%%

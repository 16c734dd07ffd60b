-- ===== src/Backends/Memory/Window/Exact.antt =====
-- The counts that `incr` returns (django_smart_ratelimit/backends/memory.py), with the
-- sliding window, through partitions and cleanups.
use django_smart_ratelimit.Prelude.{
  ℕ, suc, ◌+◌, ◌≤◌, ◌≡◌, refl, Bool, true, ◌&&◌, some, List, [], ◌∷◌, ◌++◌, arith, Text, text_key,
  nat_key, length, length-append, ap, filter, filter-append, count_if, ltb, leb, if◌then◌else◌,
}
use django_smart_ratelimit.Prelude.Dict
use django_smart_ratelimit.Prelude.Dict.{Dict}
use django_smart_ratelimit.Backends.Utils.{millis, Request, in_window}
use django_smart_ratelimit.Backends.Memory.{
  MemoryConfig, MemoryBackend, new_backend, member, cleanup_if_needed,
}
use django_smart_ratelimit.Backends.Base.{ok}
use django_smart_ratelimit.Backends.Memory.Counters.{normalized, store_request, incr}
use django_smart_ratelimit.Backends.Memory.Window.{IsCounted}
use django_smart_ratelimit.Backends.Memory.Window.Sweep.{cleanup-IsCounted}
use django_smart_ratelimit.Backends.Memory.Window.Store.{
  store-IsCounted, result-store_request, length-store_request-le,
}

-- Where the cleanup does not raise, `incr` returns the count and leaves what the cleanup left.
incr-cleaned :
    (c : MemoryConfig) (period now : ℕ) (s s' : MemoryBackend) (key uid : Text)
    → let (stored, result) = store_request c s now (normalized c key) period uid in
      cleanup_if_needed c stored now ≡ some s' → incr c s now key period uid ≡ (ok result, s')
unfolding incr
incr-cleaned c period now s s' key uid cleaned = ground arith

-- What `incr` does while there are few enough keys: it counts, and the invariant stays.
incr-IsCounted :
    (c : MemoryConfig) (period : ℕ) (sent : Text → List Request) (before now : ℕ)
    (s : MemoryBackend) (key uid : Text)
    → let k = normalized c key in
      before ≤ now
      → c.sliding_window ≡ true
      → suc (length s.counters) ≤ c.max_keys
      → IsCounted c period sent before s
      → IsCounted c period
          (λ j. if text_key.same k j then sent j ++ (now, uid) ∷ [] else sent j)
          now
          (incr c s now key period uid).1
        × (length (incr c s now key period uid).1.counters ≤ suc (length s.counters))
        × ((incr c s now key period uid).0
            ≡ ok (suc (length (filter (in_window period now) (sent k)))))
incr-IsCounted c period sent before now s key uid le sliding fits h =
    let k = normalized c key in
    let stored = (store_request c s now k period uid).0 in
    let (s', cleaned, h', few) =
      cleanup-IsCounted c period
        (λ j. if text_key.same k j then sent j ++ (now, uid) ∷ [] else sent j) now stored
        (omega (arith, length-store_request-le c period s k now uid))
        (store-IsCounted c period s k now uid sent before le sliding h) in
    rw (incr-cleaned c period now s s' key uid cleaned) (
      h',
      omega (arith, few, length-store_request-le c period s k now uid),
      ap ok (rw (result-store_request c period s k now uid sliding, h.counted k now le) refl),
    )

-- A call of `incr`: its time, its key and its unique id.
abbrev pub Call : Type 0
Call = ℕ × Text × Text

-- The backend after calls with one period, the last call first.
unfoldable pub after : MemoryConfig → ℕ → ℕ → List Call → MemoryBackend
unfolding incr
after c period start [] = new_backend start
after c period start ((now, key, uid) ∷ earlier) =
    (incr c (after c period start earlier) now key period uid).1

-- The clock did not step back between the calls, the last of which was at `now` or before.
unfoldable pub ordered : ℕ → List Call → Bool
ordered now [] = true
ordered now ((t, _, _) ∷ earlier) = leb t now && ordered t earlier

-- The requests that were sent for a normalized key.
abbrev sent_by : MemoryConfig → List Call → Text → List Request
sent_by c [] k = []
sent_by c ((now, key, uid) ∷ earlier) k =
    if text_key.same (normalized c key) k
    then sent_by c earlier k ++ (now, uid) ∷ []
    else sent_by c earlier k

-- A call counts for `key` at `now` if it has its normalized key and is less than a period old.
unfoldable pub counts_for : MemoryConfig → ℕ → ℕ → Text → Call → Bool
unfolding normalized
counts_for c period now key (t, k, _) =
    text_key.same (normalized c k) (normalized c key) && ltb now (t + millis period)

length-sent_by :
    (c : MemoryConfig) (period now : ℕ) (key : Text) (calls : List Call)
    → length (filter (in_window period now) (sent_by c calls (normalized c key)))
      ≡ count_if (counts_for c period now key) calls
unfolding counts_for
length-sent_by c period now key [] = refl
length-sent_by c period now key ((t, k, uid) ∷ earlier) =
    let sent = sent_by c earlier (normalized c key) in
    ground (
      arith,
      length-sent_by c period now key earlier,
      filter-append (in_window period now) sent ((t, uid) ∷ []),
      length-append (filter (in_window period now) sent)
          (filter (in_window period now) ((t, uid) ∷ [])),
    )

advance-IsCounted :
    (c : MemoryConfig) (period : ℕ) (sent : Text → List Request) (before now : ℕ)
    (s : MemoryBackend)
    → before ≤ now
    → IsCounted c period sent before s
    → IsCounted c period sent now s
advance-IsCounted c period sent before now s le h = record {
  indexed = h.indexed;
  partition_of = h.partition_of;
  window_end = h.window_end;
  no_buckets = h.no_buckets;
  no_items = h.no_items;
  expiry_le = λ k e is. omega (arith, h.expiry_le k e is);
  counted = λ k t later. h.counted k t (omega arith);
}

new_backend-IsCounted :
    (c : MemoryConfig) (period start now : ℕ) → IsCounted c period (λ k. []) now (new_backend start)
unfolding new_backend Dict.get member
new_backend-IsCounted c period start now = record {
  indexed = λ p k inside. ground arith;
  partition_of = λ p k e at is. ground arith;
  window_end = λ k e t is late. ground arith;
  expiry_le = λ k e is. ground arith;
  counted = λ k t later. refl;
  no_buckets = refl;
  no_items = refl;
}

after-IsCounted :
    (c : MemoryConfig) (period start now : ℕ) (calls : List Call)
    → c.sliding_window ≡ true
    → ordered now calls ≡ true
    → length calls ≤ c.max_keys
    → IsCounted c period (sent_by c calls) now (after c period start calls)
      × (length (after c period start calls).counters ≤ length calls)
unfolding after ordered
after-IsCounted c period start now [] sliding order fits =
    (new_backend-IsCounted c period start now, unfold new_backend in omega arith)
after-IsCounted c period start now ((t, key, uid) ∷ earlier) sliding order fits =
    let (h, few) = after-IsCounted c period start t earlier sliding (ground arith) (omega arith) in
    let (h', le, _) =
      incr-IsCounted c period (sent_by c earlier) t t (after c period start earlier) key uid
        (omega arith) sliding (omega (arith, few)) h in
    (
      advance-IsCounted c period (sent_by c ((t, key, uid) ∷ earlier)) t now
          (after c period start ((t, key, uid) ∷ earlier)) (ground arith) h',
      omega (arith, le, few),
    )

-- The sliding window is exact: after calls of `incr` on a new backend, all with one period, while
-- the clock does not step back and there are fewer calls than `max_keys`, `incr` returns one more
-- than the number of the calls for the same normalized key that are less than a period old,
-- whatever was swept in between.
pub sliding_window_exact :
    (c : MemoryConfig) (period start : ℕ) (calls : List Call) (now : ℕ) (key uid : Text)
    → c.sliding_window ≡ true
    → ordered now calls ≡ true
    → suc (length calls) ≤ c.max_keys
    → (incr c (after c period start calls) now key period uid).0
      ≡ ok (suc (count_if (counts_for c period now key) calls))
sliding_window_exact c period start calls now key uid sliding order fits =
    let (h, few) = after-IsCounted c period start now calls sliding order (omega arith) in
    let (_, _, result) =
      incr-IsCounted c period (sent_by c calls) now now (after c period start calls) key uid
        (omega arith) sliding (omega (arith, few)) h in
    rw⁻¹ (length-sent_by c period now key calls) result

%%

TASK TO COMPLETE: From the material above, copy out every line bearing the string "that".

OUTPUT FOR THIS EXERCISE:
-- The counts that `incr` returns (django_smart_ratelimit/backends/memory.py), with the
-- The requests that were sent for a normalized key.
-- than the number of the calls for the same normalized key that are less than a period old,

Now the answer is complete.